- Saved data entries
[Start of section]

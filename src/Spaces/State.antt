-- ===== src/Spaces/State.antt =====
-- The address spaces of all tasks: the directories (kernel/memory/virtual.h), the bitmap `tmp_pages`
-- (kernel/memory/virtual.cpp, include/data_structures/bitmap.h), and the bytes of physical pages.
-- Directory 0 is `kernel_dir`. A directory has its tables by contents, with the address of each, and
-- its own page and the page of `pgtables` by address. An entry of the page directory is present where
-- `pgtables` has a table: every function writes both. The tables of the kernel, which `link_pgtables`
-- shares, are read through `kernel_dir` alone. Addresses are in virtual memory: `va2kaddr` and
-- `kaddr2va` cancel out.
use makarna_x.Base.{
  ℕ, zero, suc, ◌+◌, ◌*◌, ◌/◌, ◌%◌, ◌≡◌, ap, Bool, true, false, Option, none, some, ◌==◌,
  if◌then◌else◌,
}
use makarna_x.DenemeFs.Store.{Outcome, done, stop}
use makarna_x.Memory.Pages.{Memory}
use makarna_x.Memory.Virtual.{PageDirInfo}
use makarna_x.Flow.{Call}

-- A `PageDirInfo` with the fields beside those of Memory/Virtual.antt. The memory in `info` is
-- set at each use from that of the machine.
pub record Space : Type 0 where
  pub info : PageDirInfo
  pub table_va : ℕ → ℕ
  pub pgdir : Option ℕ
  pub pgtables : Option ℕ
  pub count_stack : ℕ
  pub count_program : ℕ
  pub count_shared : ℕ
  pub start_brk : ℕ
  pub end_brk : ℕ

-- The other macros MMAP_*.
pub record Areas : Type 0 where
  pub tmp_base : ℕ
  pub stack_base : ℕ
  pub stack_size : ℕ
  pub shared_base : ℕ
  pub shared_top : ℕ

-- The 32 bits of a word.
abbrev pub Word : Type 0
Word = ℕ → Bool

-- `cr3` is the directory that is loaded: that of `task_curr`.
pub record Vm : Type 0 where
  pub areas : Areas
  pub memory : Memory
  pub bytes : ℕ → ℕ → ℕ
  pub tmp_pages : ℕ → Word
  pub spaces : ℕ → Space
  pub cr3 : ℕ

abbrev pub info_of : Vm → ℕ → PageDirInfo
info_of v k = record (v.spaces k).info { memory = v.memory }

abbrev pub put_space : Vm → ℕ → Space → Vm
put_space v k s = record v { spaces = λ j. if k == j then s else v.spaces j }

abbrev pub put_info : Vm → ℕ → PageDirInfo → Vm
put_info v k d = record (put_space v k (record (v.spaces k) { info = d })) { memory = d.memory }

-- A function of `PageDirInfo`, on the directory `k`.
abbrev pub on : {A : Type 0} → ℕ → Call PageDirInfo A → Call Vm A
on k f v = ((f (info_of v k)).0, put_info v k (f (info_of v k)).1)

-- A function of physical.h, where `none` is a failed ASSERT.
abbrev pub on_memory_end : {A : Type 0} → Vm → Option (A × Memory) → Outcome A × Vm
on_memory_end v none = (stop, v)
on_memory_end v (some (a, m)) = (done a, record v { memory = m })

abbrev pub on_memory : {A : Type 0} → (Memory → Option (A × Memory)) → Call Vm A
on_memory f v = on_memory_end v (f v.memory)

-- `bit_find_first_zero` from bit `i` on, with the bits left: 32 where every bit is set.
unfoldable pub bit_find_first_zero : ℕ → ℕ → Word → ℕ
bit_find_first_zero zero i w = i
bit_find_first_zero (suc k) i w =
    let rest = bit_find_first_zero k (suc i) w in if w i then rest else i

-- w == 0xffffffff
abbrev pub is_full : ℕ → Word → Bool
is_full zero w = true
is_full (suc k) w = if w k then is_full k w else false

-- The loop of `bitmap_find_first_zero` from word `i` on, with the words left.
unfoldable pub bitmap_find_first_zero : ℕ → ℕ → (ℕ → Word) → Option ℕ
unfolding bit_find_first_zero
bitmap_find_first_zero zero i bitmap = none
bitmap_find_first_zero (suc k) i bitmap =
    let rest = bitmap_find_first_zero k (suc i) bitmap in
    if is_full 32 (bitmap i) then rest else some (32 * i + bit_find_first_zero 32 0 (bitmap i))

abbrev pub write_bit : (ℕ → Word) → ℕ → Bool → ℕ → Word
write_bit bitmap pos b i j =
    if pos / 32 == i then (if pos % 32 == j then b else bitmap i j) else bitmap i j

abbrev pub bitmap_set : (ℕ → Word) → ℕ → ℕ → Word
bitmap_set bitmap pos = write_bit bitmap pos true

abbrev pub bitmap_reset : (ℕ → Word) → ℕ → ℕ → Word
bitmap_reset bitmap pos = write_bit bitmap pos false

abbrev pub bitmap_test : (ℕ → Word) → ℕ → Bool
bitmap_test bitmap pos = bitmap (pos / 32) (pos % 32)

pub on_run :
    {A : Type 0} (k : ℕ) (f : Call PageDirInfo A) (v : Vm) (o : Outcome A) (d : PageDirInfo)
    → f (info_of v k) ≡ (o, d)
    → on k f v ≡ (o, put_info v k d)
on_run {A} k f v o d e = ap (λ (r : Outcome A × PageDirInfo). (r.0, put_info v k r.1)) e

[End of section]

Would you set down, word for word, the lines from the opening of the entries above through the line with "on the directory", both included, and no others?

- EXERCISE RESPONSE
filename src/Spaces/State.antt
-- ===== src/Spaces/State.antt =====
-- The address spaces of all tasks: the directories (kernel/memory/virtual.h), the bitmap `tmp_pages`
-- (kernel/memory/virtual.cpp, include/data_structures/bitmap.h), and the bytes of physical pages.
-- Directory 0 is `kernel_dir`. A directory has its tables by contents, with the address of each, and
-- its own page and the page of `pgtables` by address. An entry of the page directory is present where
-- `pgtables` has a table: every function writes both. The tables of the kernel, which `link_pgtables`
-- shares, are read through `kernel_dir` alone. Addresses are in virtual memory: `va2kaddr` and
-- `kaddr2va` cancel out.
use makarna_x.Base.{
  ℕ, zero, suc, ◌+◌, ◌*◌, ◌/◌, ◌%◌, ◌≡◌, ap, Bool, true, false, Option, none, some, ◌==◌,
  if◌then◌else◌,
}
use makarna_x.DenemeFs.Store.{Outcome, done, stop}
use makarna_x.Memory.Pages.{Memory}
use makarna_x.Memory.Virtual.{PageDirInfo}
use makarna_x.Flow.{Call}

-- A `PageDirInfo` with the fields beside those of Memory/Virtual.antt. The memory in `info` is
-- set at each use from that of the machine.
pub record Space : Type 0 where
  pub info : PageDirInfo
  pub table_va : ℕ → ℕ
  pub pgdir : Option ℕ
  pub pgtables : Option ℕ
  pub count_stack : ℕ
  pub count_program : ℕ
  pub count_shared : ℕ
  pub start_brk : ℕ
  pub end_brk : ℕ

-- The other macros MMAP_*.
pub record Areas : Type 0 where
  pub tmp_base : ℕ
  pub stack_base : ℕ
  pub stack_size : ℕ
  pub shared_base : ℕ
  pub shared_top : ℕ

-- The 32 bits of a word.
abbrev pub Word : Type 0
Word = ℕ → Bool

-- `cr3` is the directory that is loaded: that of `task_curr`.
pub record Vm : Type 0 where
  pub areas : Areas
  pub memory : Memory
  pub bytes : ℕ → ℕ → ℕ
  pub tmp_pages : ℕ → Word
  pub spaces : ℕ → Space
  pub cr3 : ℕ

abbrev pub info_of : Vm → ℕ → PageDirInfo
info_of v k = record (v.spaces k).info { memory = v.memory }

abbrev pub put_space : Vm → ℕ → Space → Vm
put_space v k s = record v { spaces = λ j. if k == j then s else v.spaces j }

abbrev pub put_info : Vm → ℕ → PageDirInfo → Vm
put_info v k d = record (put_space v k (record (v.spaces k) { info = d })) { memory = d.memory }

-- A function of `PageDirInfo`, on the directory `k`.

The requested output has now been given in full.